▶ **What to do**
Return only the lines from the top of the material through the line marked by "Chosen panic = ⊥", unaltered.

▶ **Exercise inputs**
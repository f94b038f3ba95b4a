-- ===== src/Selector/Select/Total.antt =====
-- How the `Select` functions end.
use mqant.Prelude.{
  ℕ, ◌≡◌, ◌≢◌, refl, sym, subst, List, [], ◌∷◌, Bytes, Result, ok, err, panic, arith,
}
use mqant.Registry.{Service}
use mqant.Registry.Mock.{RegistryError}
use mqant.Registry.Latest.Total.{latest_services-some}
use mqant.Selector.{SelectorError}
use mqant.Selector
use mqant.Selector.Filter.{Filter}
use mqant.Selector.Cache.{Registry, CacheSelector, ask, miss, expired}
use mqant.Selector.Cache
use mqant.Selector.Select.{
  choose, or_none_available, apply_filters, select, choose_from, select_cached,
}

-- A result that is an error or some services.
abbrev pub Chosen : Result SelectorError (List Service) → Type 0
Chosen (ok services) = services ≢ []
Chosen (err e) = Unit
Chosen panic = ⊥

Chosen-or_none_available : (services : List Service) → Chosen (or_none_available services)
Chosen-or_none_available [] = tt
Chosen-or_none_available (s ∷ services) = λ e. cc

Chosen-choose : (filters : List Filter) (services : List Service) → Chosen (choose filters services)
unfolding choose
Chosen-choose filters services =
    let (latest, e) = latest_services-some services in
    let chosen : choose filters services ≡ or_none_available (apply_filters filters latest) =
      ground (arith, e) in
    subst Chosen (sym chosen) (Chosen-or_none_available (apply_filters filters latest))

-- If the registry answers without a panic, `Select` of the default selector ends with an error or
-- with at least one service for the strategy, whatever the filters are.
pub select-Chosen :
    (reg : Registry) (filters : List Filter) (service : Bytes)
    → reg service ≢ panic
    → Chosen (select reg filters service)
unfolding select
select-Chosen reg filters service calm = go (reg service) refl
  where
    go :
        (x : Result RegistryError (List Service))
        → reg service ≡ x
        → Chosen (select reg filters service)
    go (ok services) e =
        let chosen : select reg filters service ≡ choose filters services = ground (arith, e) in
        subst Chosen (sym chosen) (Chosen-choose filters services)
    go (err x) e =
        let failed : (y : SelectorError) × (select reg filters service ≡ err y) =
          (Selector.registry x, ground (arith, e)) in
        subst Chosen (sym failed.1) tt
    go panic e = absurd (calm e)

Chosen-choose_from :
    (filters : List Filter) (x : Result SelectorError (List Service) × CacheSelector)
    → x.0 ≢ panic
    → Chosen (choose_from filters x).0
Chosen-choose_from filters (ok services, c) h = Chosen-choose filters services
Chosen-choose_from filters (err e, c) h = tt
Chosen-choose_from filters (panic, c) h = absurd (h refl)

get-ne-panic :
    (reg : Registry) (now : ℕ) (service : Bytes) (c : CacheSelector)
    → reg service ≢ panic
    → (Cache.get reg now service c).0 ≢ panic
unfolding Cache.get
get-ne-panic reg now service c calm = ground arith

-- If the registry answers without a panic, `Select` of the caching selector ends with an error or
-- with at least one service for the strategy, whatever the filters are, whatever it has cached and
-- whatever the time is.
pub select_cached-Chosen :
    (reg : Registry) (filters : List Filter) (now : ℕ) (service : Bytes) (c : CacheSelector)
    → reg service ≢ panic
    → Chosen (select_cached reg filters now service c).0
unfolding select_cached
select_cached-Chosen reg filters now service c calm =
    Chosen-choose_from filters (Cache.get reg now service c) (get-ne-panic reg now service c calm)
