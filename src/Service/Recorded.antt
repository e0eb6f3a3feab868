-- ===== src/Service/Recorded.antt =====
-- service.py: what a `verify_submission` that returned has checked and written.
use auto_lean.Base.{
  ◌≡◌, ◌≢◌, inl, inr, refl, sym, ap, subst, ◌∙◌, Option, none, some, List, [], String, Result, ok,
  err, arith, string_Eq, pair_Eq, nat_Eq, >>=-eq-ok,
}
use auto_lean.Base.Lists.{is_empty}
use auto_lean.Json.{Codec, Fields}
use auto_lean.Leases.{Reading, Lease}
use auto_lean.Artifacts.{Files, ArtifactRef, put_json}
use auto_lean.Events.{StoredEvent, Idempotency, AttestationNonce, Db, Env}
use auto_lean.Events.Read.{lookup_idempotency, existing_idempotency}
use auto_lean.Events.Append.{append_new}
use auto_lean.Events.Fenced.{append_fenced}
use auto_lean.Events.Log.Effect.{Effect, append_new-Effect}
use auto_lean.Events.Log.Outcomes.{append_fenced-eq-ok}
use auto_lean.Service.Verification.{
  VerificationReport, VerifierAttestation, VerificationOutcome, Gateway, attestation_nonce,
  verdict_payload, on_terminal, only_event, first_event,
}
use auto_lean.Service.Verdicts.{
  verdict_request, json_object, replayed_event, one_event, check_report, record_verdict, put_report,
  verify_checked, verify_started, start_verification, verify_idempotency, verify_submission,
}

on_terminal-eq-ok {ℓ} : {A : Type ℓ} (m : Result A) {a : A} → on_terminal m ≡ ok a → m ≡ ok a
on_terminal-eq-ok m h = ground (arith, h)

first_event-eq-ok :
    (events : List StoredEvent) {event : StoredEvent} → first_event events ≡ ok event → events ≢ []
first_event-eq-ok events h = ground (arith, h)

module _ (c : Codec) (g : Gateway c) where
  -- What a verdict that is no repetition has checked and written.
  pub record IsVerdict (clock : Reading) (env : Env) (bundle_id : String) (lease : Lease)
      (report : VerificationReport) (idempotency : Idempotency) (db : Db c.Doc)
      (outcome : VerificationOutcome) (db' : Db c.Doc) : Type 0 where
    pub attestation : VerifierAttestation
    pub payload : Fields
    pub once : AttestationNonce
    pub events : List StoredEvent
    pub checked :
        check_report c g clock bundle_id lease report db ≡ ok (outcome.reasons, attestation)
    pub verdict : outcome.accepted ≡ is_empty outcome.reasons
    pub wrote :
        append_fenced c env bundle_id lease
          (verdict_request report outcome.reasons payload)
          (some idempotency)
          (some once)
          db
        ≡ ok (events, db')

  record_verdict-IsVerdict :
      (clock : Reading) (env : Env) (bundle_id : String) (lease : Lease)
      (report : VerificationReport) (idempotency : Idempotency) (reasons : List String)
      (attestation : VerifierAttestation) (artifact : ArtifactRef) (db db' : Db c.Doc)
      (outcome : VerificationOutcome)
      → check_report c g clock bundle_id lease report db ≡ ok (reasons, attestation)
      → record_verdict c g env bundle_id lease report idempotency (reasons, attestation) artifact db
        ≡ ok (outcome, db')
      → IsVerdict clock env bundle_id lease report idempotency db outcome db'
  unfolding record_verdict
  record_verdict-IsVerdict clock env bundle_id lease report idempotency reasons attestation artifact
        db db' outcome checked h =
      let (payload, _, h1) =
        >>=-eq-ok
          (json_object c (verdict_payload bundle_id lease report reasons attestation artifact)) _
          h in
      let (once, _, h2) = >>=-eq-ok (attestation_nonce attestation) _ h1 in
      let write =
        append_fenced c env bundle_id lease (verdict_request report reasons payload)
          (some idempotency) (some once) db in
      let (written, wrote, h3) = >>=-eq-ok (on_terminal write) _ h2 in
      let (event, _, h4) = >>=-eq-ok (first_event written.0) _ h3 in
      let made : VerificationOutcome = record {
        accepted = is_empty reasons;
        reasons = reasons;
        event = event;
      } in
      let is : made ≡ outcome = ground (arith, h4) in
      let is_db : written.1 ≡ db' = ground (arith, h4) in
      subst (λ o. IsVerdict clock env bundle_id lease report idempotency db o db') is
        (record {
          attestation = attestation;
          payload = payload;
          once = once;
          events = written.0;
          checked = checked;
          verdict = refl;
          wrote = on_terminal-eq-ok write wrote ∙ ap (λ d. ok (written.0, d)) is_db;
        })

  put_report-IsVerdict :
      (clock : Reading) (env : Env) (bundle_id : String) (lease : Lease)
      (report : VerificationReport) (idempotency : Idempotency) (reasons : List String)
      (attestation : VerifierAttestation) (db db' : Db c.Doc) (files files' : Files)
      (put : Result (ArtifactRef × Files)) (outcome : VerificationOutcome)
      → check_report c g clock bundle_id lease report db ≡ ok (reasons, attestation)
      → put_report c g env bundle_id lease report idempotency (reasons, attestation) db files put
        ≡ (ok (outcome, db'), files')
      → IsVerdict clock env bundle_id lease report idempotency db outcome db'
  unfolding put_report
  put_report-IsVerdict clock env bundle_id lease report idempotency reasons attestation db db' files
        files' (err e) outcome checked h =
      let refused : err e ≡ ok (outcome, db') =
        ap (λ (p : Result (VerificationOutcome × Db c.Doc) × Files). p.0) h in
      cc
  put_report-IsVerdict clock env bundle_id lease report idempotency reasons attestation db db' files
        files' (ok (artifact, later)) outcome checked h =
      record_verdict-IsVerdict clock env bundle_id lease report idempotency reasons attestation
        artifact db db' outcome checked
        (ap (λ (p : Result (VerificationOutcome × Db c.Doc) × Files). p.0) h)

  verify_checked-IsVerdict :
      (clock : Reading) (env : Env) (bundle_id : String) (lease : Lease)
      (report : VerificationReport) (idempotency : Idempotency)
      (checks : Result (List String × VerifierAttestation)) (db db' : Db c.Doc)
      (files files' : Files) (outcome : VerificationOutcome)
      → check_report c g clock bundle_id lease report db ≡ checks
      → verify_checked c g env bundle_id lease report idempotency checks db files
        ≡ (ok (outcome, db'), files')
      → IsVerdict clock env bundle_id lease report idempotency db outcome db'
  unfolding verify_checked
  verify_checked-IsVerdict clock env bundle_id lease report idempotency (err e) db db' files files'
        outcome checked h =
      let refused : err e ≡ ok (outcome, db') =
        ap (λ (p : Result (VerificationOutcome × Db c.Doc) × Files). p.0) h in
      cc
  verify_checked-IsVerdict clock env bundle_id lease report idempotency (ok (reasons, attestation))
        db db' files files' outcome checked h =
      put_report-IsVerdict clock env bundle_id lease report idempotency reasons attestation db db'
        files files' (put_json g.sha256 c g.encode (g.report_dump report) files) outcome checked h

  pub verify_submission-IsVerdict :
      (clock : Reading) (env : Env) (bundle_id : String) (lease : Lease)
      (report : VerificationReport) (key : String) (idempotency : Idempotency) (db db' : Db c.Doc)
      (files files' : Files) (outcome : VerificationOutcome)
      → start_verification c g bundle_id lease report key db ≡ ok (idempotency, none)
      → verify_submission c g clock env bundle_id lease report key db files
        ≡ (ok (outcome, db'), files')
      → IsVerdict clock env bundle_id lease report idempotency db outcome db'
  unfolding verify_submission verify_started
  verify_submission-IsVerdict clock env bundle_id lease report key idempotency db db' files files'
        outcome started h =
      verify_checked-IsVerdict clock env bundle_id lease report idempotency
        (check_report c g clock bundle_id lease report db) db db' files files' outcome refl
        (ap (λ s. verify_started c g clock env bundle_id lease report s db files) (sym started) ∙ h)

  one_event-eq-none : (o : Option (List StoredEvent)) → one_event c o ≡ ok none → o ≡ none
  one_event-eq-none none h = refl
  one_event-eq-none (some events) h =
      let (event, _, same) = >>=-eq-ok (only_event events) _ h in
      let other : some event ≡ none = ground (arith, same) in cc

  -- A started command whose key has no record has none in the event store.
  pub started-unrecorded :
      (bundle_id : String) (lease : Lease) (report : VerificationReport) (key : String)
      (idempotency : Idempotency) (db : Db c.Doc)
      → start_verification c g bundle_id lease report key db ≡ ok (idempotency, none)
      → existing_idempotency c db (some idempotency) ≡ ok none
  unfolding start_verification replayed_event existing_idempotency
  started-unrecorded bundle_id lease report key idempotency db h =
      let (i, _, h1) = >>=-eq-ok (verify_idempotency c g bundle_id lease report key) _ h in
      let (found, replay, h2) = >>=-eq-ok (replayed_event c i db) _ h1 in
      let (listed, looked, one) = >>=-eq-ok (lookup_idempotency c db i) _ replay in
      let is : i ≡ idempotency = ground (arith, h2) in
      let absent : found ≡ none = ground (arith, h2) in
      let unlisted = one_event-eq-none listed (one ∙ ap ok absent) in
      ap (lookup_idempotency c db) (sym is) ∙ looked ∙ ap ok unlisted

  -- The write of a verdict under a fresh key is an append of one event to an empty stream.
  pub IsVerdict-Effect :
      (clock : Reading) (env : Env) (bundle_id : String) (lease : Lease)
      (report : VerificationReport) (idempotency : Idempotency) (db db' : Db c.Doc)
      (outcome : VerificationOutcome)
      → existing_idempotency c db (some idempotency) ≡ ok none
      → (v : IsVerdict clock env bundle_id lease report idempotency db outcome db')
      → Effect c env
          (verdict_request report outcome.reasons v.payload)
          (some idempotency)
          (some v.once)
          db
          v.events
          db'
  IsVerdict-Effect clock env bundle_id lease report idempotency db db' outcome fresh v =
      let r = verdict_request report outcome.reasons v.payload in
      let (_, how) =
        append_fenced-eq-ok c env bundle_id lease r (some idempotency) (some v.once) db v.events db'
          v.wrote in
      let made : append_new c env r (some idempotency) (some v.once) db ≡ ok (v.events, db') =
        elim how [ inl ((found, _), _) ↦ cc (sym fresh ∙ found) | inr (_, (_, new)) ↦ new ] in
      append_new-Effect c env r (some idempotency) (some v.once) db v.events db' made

▶ **Solution to this exercise**
repository f94b038f3ba95b4a
-- ===== src/Selector/Select/Total.antt =====
-- How the `Select` functions end.
use mqant.Prelude.{
  ℕ, ◌≡◌, ◌≢◌, refl, sym, subst, List, [], ◌∷◌, Bytes, Result, ok, err, panic, arith,
}
use mqant.Registry.{Service}
use mqant.Registry.Mock.{RegistryError}
use mqant.Registry.Latest.Total.{latest_services-some}
use mqant.Selector.{SelectorError}
use mqant.Selector
use mqant.Selector.Filter.{Filter}
use mqant.Selector.Cache.{Registry, CacheSelector, ask, miss, expired}
use mqant.Selector.Cache
use mqant.Selector.Select.{
  choose, or_none_available, apply_filters, select, choose_from, select_cached,
}

-- A result that is an error or some services.
abbrev pub Chosen : Result SelectorError (List Service) → Type 0
Chosen (ok services) = services ≢ []
Chosen (err e) = Unit
Chosen panic = ⊥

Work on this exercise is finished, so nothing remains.